Federal Spending Explodes at Nearly $300,000 Per Household Since 2010
The federal government spent $34,700 per U.S. household in fiscal 2019, which is serious money no matter what part of the country you live in.
David Ditch – December 22, 2019
Amid the drama surrounding impeachment, both parties came together on one area of shared support: spending enormous amounts of taxpayer dollars and adding to the $23.1 trillion national debt.
Congress had little time to properly review fiscal 2020 spending bills, which weighed in at more than 2,000 pages of clunky text.
This is a business-as-usual conclusion to an irresponsible decade. The degree to which Washington has been reckless with the nation’s finances is hard to comprehend.
Since 2010, the federal government has spent $293,750 per household.
Federal spending started the decade at an artificially high level due to the 2009 “economic-stimulus” package. There was a slight dip after the stimulus ended, and the tea party wave ushered in a brief period of restraint in Congress. Sadly, this flicker of responsibility was short-lived.
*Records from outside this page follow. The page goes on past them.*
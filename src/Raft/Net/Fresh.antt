-- ===== src/Raft/Net/Fresh.antt =====
-- What the votes of an election (raft/election.go) know of the entries that were stored before it.
use fraud_scoring_platform.Raft.Cluster.Majority.{IsMajority}
use fraud_scoring_platform.Raft.Replication.Merge.{HasAt, has_at}
use fraud_scoring_platform.Raft.Cluster.{VoteAnswer, Tally}
use fraud_scoring_platform.Raft.Log.{last_term, last_index, RaftLog}
use fraud_scoring_platform.Raft.Net.Origins.{Agree, IsMade, IsWhole, Led}
use fraud_scoring_platform.Raft.Node.{Node}
use fraud_scoring_platform.Raft.Net.{Net, Past}
use fraud_scoring_platform.Raft.Types.{candidate, NodeId}
use fraud_scoring_platform.Prelude.{◌+◌, true, false, All, ◌≤◌, ◌≡◌, Elem, ◌⊎◌, ◌<◌, ℕ, List}

-- A leader of a term above `t` and below `u` has led without the entry of term `t` at `i`.
pub record IsBroken {D : Type 0} (past : List (Past D)) (i t u : ℕ) : Type 0 where
  pub owner : NodeId
  pub node : Node D
  pub led : Led past owner node
  pub above : t < node.current_term
  pub below : node.current_term < u
  pub lacks : has_at node.log i t ≡ false

-- A log that ends in term `last_t` at `last_i` is at least as up to date as one that ends in `t` at `i`.
abbrev pub Covers : (last_t last_i t i : ℕ) → Type 0
Covers last_t last_i t i = (t < last_t) ⊎ ((t ≡ last_t) × (i ≤ last_i))

-- What the member has stored in earlier terms, of those terms, is no more up to date than the log
-- that ends in `last_t` at `last_i`, or was overwritten.
abbrev pub IsFresh : {D : Type 0} → List (Past D) → NodeId → (u top last_t last_i : ℕ) → Type 0
IsFresh {D = D} past v u top last_t last_i =
    (p : Node D)
    → Elem (record { owner = v; node = p }) past
    → p.current_term < u
    → (i : ℕ) → HasAt p.log i p.current_term
    → Covers last_t last_i p.current_term i ⊎ IsBroken past i p.current_term top

-- A vote for a candidate whose log ends in `last_t` at `last_i`, in term `u`.
pub record VoteFresh {D : Type 0} (past : List (Past D)) (f : NodeId → Node D)
    (u top last_t last_i : ℕ) (v : NodeId) : Type 0 where
  pub reached : u ≤ (f v).current_term
  pub fresh : IsFresh past v u top last_t last_i

-- A leader's log goes on from the one that a majority of the members found up to date.
pub record Elected {D : Type 0} (members : List NodeId) (past : List (Past D)) (f : NodeId → Node D)
    (l : RaftLog) (u : ℕ) : Type 0 where
  pub base : RaftLog
  pub whole : IsWhole base
  pub made : IsMade past base
  pub shorter : last_index base ≤ last_index l
  pub agree : Agree l base (last_index base)
  pub older : last_term base < u
  pub voters : List NodeId
  pub majority : IsMajority members voters
  pub votes : All (VoteFresh past f u u (last_term base) (last_index base)) voters

-- What the member stored in earlier states, of their terms, it still has, or it was overwritten.
pub record Remembers {D : Type 0} (past : List (Past D)) (n p : Node D) : Type 0 where
  pub term : p.current_term ≤ n.current_term
  pub kept :
      (i : ℕ)
      → HasAt p.log i p.current_term
      → HasAt n.log i p.current_term ⊎ IsBroken past i p.current_term (n.current_term + 1)

pub record PastWell {D : Type 0} (past : List (Past D)) (p : Node D) : Type 0 where
  pub whole : IsWhole p.log
  pub made : IsMade past p.log

-- A tally's votes are fresh, and its candidate stands with the log that the request names.
pub record TallyFresh {D : Type 0} (past : List (Past D)) (f : NodeId → Node D) (t : Tally)
    : Type 0 where
  pub votes :
      All
        (VoteFresh past f t.args.term (t.args.term + 1) t.args.last_log_term t.args.last_log_index)
        t.voters
  pub reached : t.args.term ≤ (f t.args.candidate_id).current_term
  pub stands :
      (f t.args.candidate_id).current_term ≡ t.args.term
      → (f t.args.candidate_id).role ≡ candidate
      → (last_index (f t.args.candidate_id).log ≡ t.args.last_log_index)
        × (last_term (f t.args.candidate_id).log ≡ t.args.last_log_term)

module _ {D : Type 0} (members : List NodeId) where
  pub record IsComplete (c : Net D) : Type 0 where
    pub past_well :
        (v : NodeId) (p : Node D) → Elem (record { owner = v; node = p }) c.past → PastWell c.past p
    pub remembers :
        (v : NodeId)
        → Elem v members
        → (p : Node D) → Elem (record { owner = v; node = p }) c.past
        → Remembers c.past (c.base.node v) p
    pub tally : (t : Tally) → Elem t c.base.tallies → TallyFresh c.past c.base.node t
    pub answer :
        (a : VoteAnswer)
        → Elem a c.base.answers
        → a.answer.vote_granted ≡ true
        → VoteFresh c.past c.base.node a.args.term
            (a.args.term + 1)
            a.args.last_log_term
            a.args.last_log_index
            a.voter
    pub elected :
        (i : NodeId) (g : Node D)
        → Led c.past i g
        → Elected members c.past c.base.node g.log g.current_term
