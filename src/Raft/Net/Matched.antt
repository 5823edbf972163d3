-- ===== src/Raft/Net/Matched.antt =====
-- What holds of the logs and the requests of a cluster whatever happens.
use fraud_scoring_platform.Raft.Net.Joined.{IsCopied}
use fraud_scoring_platform.Raft.Cluster.Ledger.{Backed}
use fraud_scoring_platform.Raft.Replication.Accept.{IsRequest}
use fraud_scoring_platform.Raft.Log.{last_index, last_term}
use fraud_scoring_platform.Raft.Cluster.Moves.{IsSound}
use fraud_scoring_platform.Raft.Cluster.{Grant}
use fraud_scoring_platform.Raft.Net.Origins.{
  Agree, LedWell, AreChained, Led-IsPast, Led, IsMade, IsPast, IsWhole,
}
use fraud_scoring_platform.Raft.Types.{follower, leader, candidate, AppendEntriesArgs, NodeId}
use fraud_scoring_platform.Raft.Net.{Net, Past}
use fraud_scoring_platform.Raft.Node.{Node}
use fraud_scoring_platform.Raft.Storage.{Storage}
use fraud_scoring_platform.Prelude.{[], ◌≤◌, ◌≢◌, ◌≡◌, Elem, ◌⊎◌, ◌<◌, List}

-- What a node has of a leader of the past that was the same member: it is in a later term, or it
-- leads in that term and has gone on with the log, or it is a follower.
abbrev pub IsBehind : {D : Type 0} → Node D → Node D → Type 0
IsBehind m n =
    (m.current_term < n.current_term)
    ⊎ ((m.current_term ≡ n.current_term)
        × (n.role ≢ candidate)
        × (n.role ≡ leader
            → (last_index m.log ≤ last_index n.log) × Agree n.log m.log (last_index m.log)))

pub record MemberWell {D : Type 0} (past : List (Past D)) (i : NodeId) (n : Node D) : Type 0 where
  pub whole : IsWhole n.log
  pub made : IsMade past n.log
  pub newest : last_term n.log ≤ n.current_term
  pub some_term : n.role ≢ follower → 0 < n.current_term
  pub present : n.role ≡ leader → Elem (record { owner = i; node = n }) past
  pub behind : (m : Node D) → Led past i m → IsBehind m n

-- A request has been made by a leader of its term. Its entries stand in that leader's log behind
-- the entry that it names, or it has none.
pub record RequestWell {D : Type 0} (past : List (Past D)) (args : AppendEntriesArgs) : Type 0 where
  pub node : Node D
  pub led : Led past args.leader_id node
  pub term : node.current_term ≡ args.term
  pub commit : node.commit_index ≡ args.leader_commit
  pub request : IsRequest args
  pub source :
      IsCopied node.log args
      ⊎ ((args.entries ≡ []) × (0 < args.prev_log_index) × (args.prev_log_term ≡ 0))

module _ {D : Type 0} (s : Storage D) (members : List NodeId) where
  pub record LeaderWell (h : List Grant) (past : List (Past D)) (i : NodeId) (n : Node D)
      : Type 0 where
    pub member : Elem i members
    pub backed : Backed members h n.current_term i
    pub well : LedWell past n

  pub record IsMatched (c : Net D) : Type 0 where
    pub sound : IsSound s members c.base
    pub member : (i : NodeId) → Elem i members → MemberWell c.past i (c.base.node i)
    pub leader : (i : NodeId) (n : Node D) → Led c.past i n → LeaderWell c.base.history c.past i n
    pub chained : AreChained c.past
    pub request : (args : AppendEntriesArgs) → Elem args c.requests → RequestWell c.past args

pub RequestWell-IsPast :
    {D : Type 0} (ps qs : List (Past D))
    → IsPast ps qs
    → (args : AppendEntriesArgs) → RequestWell ps args
    → RequestWell qs args
RequestWell-IsPast ps qs sub args r = record {
  node = r.node;
  led = Led-IsPast ps qs sub args.leader_id r.node r.led;
  term = r.term;
  commit = r.commit;
  request = r.request;
  source = r.source;
}
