-- ===== src/Raft/Net/Complete.antt =====
-- Leader completeness: what a majority has stored in a term, every leader of a later term has.
use fraud_scoring_platform.Raft.Net.Joined.{HasAt-inv}
use fraud_scoring_platform.Raft.Log.Shape.{view_in}
use fraud_scoring_platform.Raft.Log.Lookup.{view-inv, term_of}
use fraud_scoring_platform.Raft.Net.Fresh.{VoteFresh, Covers, PastWell, IsComplete}
use fraud_scoring_platform.Raft.Replication.Merge.{last-view, HasAt}
use fraud_scoring_platform.Raft.Net.Matched.{IsMatched}
use fraud_scoring_platform.Raft.Node.{Node}
use fraud_scoring_platform.Raft.Net.Origins.{Agree-sym, IsWhole-start, IsMade, Led, IsWhole, Agree}
use fraud_scoring_platform.Raft.Cluster.Majority.{majorities_meet, IsMajority}
use fraud_scoring_platform.Raft.Net.{Net, Past}
use fraud_scoring_platform.Raft.Types.{NodeId}
use fraud_scoring_platform.Raft.Log.{last_entry, last_index, last_term, RaftLog}
use fraud_scoring_platform.Raft.Storage.{Storage}
use fraud_scoring_platform.Prelude.{
  zero, inr, inl, sym, subst, dec_lt, Elem-All, ◌+◌, ◌∙◌, suc, ◌<◌, ap, ◌≡◌, Elem, ◌≤◌, All, ℕ,
  List, arith,
}

pub HasAt-Agree : (l m : RaftLog) (k i t : ℕ) → Agree l m k → i ≤ k → HasAt m i t → HasAt l i t
HasAt-Agree l m k i t agree le h = ap term_of (agree i le) ∙ h

pub last_term-start : (l : RaftLog) → IsWhole l → last_index l ≡ 0 → last_term l ≡ 0
unfolding view_in
last_term-start l w empty = ground (arith, last-view l w.good, w.rooted)

-- The member has been in term `t` with an entry of that term at `i`.
pub record HasStored {D : Type 0} (past : List (Past D)) (i t : ℕ) (v : NodeId) : Type 0 where
  pub node : Node D
  pub was : Elem (record { owner = v; node = node }) past
  pub term : node.current_term ≡ t
  pub has : HasAt node.log i t

-- A majority has.
pub record IsStored {D : Type 0} (members : List NodeId) (past : List (Past D)) (i t : ℕ)
    : Type 0 where
  pub voters : List NodeId
  pub majority : IsMajority members voters
  pub stored : All (HasStored past i t) voters

module _ {D : Type 0} (s : Storage D) (members : List NodeId) (c : Net D)
    (k : IsMatched s members c) (full : IsComplete members c) (i t : ℕ)
    (stored : IsStored members c.past i t) where
  -- A leader of the entry's term whose log goes on behind it has it.
  shared :
      (d : ℕ) (p : Node D)
      → PastWell c.past p
      → HasAt p.log d t
      → (v : NodeId) (g : Node D) → Led c.past v g
      → g.current_term ≡ t
      → d ≤ last_index g.log
      → HasAt g.log d t
  shared zero p well has v g led term le =
      HasAt-Agree g.log p.log 0 0 t
        (IsWhole-start g.log p.log (k.leader v g led).well.whole well.whole) (omega arith) has
  shared (suc d) p well has v g led term le =
      let (x, seen, same) = HasAt-inv p.log (suc d) t has in
      let o = well.made (suc d) x (omega arith) seen in
      HasAt-Agree g.log o.node.log (suc d) (suc d) t
        (k.chained v o.owner g o.node led o.led (term ∙ sym (o.term ∙ same)) (suc d) le
          (omega (arith, o.index)))
        (omega arith)
        (HasAt-Agree o.node.log p.log (suc d) (suc d) t (Agree-sym p.log o.node.log (suc d) o.agree)
          (omega arith) has)

  -- The log of the election has the entry, since its last entry is of a leader that has it.
  base-HasAt :
      (b : RaftLog)
      → IsWhole b
      → IsMade c.past b
      → (p : Node D) → PastWell c.past p
      → HasAt p.log i t
      → ((v : NodeId) (g : Node D)
          → Led c.past v g
          → t < g.current_term
          → g.current_term ≡ last_term b
          → HasAt g.log i t)
      → Covers (last_term b) (last_index b) t i
      → (i ≤ last_index b) × HasAt b i t
  base-HasAt b w made p well has known covers = elim (dec_lt 0 (last_index b)) [
    | no empty ↦ elim covers [
      | inl above ↦ absurd (omega (arith, above, last_term-start b w (omega arith)))
      | inr (same, le) ↦ (
        le,
        HasAt-Agree b p.log 0 i t (IsWhole-start b p.log w well.whole) (omega (arith, le)) has,
      )
    ]
    | yes some_left ↦
        let last = last_entry b.first b.rest in
        let o = made (last_index b) last some_left (last-view b w.good) in
        elim covers [
          | inl above ↦
              let there = known o.owner o.node o.led (omega (arith, above, o.term)) o.term in
              let (x, seen, _) = HasAt-inv o.node.log i t there in
              let (_, le, _, _, _) =
                view-inv o.node.log (k.leader o.owner o.node o.led).well.whole.good i x seen in
              (
                omega (arith, le, o.index),
                HasAt-Agree b o.node.log (last_index b) i t o.agree (omega (arith, le, o.index))
                    there,
              )
          | inr (same, le) ↦ (
            le,
            HasAt-Agree b o.node.log (last_index b) i t o.agree le (
                shared i p well has o.owner o.node o.led (o.term ∙ sym same)
                  (omega (arith, o.index, le))),
          )
        ]
  ]

  complete :
      (bound : ℕ) (v : NodeId) (g : Node D)
      → Led c.past v g
      → t < g.current_term
      → g.current_term < bound
      → HasAt g.log i t
  complete zero v g led above lt = absurd (omega arith)
  complete (suc bound) v g led above lt =
      let e = full.elected v g led in
      let (w, in_stored, in_votes) =
        majorities_meet members stored.voters e.voters stored.majority e.majority in
      let p = Elem-All (HasStored c.past i t) stored.voters w stored.stored in_stored in
      let vote =
        Elem-All
          (VoteFresh c.past c.base.node g.current_term g.current_term (last_term e.base)
            (last_index e.base))
          e.voters w e.votes in_votes in
      elim (vote.fresh p.node p.was (omega (arith, p.term)) i
        (subst (HasAt p.node.log i) (sym p.term) p.has)) [
          | inl covers ↦
              let (le, has) =
                base-HasAt e.base e.whole e.made p.node (full.past_well w p.node p.was) p.has
                  (λ u h l up at. complete bound u h l up (omega (arith, at, e.older)))
                  (subst (λ x. Covers (last_term e.base) (last_index e.base) x i) p.term covers) in
              HasAt-Agree g.log e.base (last_index e.base) i t e.agree le has
          | inr broken ↦
              let h =
                complete bound broken.owner broken.node broken.led
                  (omega (arith, broken.above, p.term)) (omega (arith, broken.below)) in
              absurd (ground (arith, h, broken.lacks, p.term))
        ]

  -- What a majority has stored in a term, every leader of a later term has.
  pub leader_complete :
      (v : NodeId) (g : Node D) → Led c.past v g → t < g.current_term → HasAt g.log i t
  leader_complete v g led above = complete (g.current_term + 1) v g led above (omega arith)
According to the Office of Management and Budget and the Congressional Budget Office, federal spending totaled $37.6 trillion from 2010 through 2019. Spread across 128 million households (per the Census Bureau), that yields $293,750 in spending for every household.
Federal spending in 2019 was equivalent to the combined economies of 16 states.
In fiscal 2019, which ended Sept. 30, the federal government doled out $4.4 trillion. The full scope of that much money is virtually impossible for the human mind to grasp. One way to understand the sheer enormity is by comparing it to the size of state economies.
To match the amount that the federal government spent in fiscal 2019, one would need to add the total economic output of Alabama, Arizona, Connecticut, Indiana, Iowa, Kentucky, Louisiana, Minnesota, Missouri, Nevada, Oklahoma, Oregon, South Carolina, Tennessee, Utah, and Wisconsin.
We should treat the notion that this level of federal activity is too small with deep skepticism.
Spending per household is up 47% since 2000.
The federal government spent $34,700 per household in 2019, which is serious money no matter what part of the country you live in.
Is nearly $35,000 per household too much spending? To put it in context, we can go back to the last time the economy had a surging stock market and unemployment under 4%, the year 2000.
That means that the spending increase from 2000 to now is a staggering 47% per household, even after controlling for inflation. In real terms, the federal government is nearly half-again larger than it was less than two decades ago.
The budget would balance today if spending had grown more modestly.
With the federal government growing so quickly, it should come as no surprise that this year’s deficit likely will exceed $1 trillion, even if the economy remains strong.
Some on the left counter that the high deficits are primarily the fault of the Tax Cuts and Jobs Act, signed into law just before Christmas 2017, and that the solution is funneling more taxpayer dollars to Washington. That assertion is incorrect.
Once again, a comparison to 2000 is instructive. Revenue per household, adjusted for inflation, was $26,750 in 2000. Today, it’s roughly $27,000, even after the 2017 tax cut.
If federal spending had grown based only on population and inflation starting in 2000, today’s trillion-dollar deficit would turn into a surplus.
Policymakers should recognize that the federal government has grown far too quickly. Since there is no way to undo the past, they should take some prudent steps to return the country to sound financial footing.
First, Congress should trim excessive spending that has accumulated over the years. The Heritage Foundation’s Blueprint for Balance offers hundreds of policy ideas to save money by eliminating waste, making Social Security and Medicare sustainable, and slashing perks for politically connected industries.
Second, Congress should enact meaningful guardrails that rein in future spending growth. One model for reform comes from Switzerland, where the budget balances over the course of a business cycle.
Closer to home, the “taxpayer bill of rights” approved by Colorado voters in 1992 limits spending based on a combination of revenue, inflation, and population growth.
Such rules would create headaches for Washington by forcing big-spending members of Congress to make tough decisions, rather than all of them getting what they want by abusing the national credit card.
Yet this would merely force legislators to behave the way most families do every day; namely, pay for necessities first, and only add extras if there’s cash to spare.
Congress is ending the decade on a note of fiscal irresponsibility, but next year lawmakers have a fresh chance to do right by America.
David Ditch is a research assistant in the Grover M. Hermann Center for the Federal Budget at The Heritage Foundation.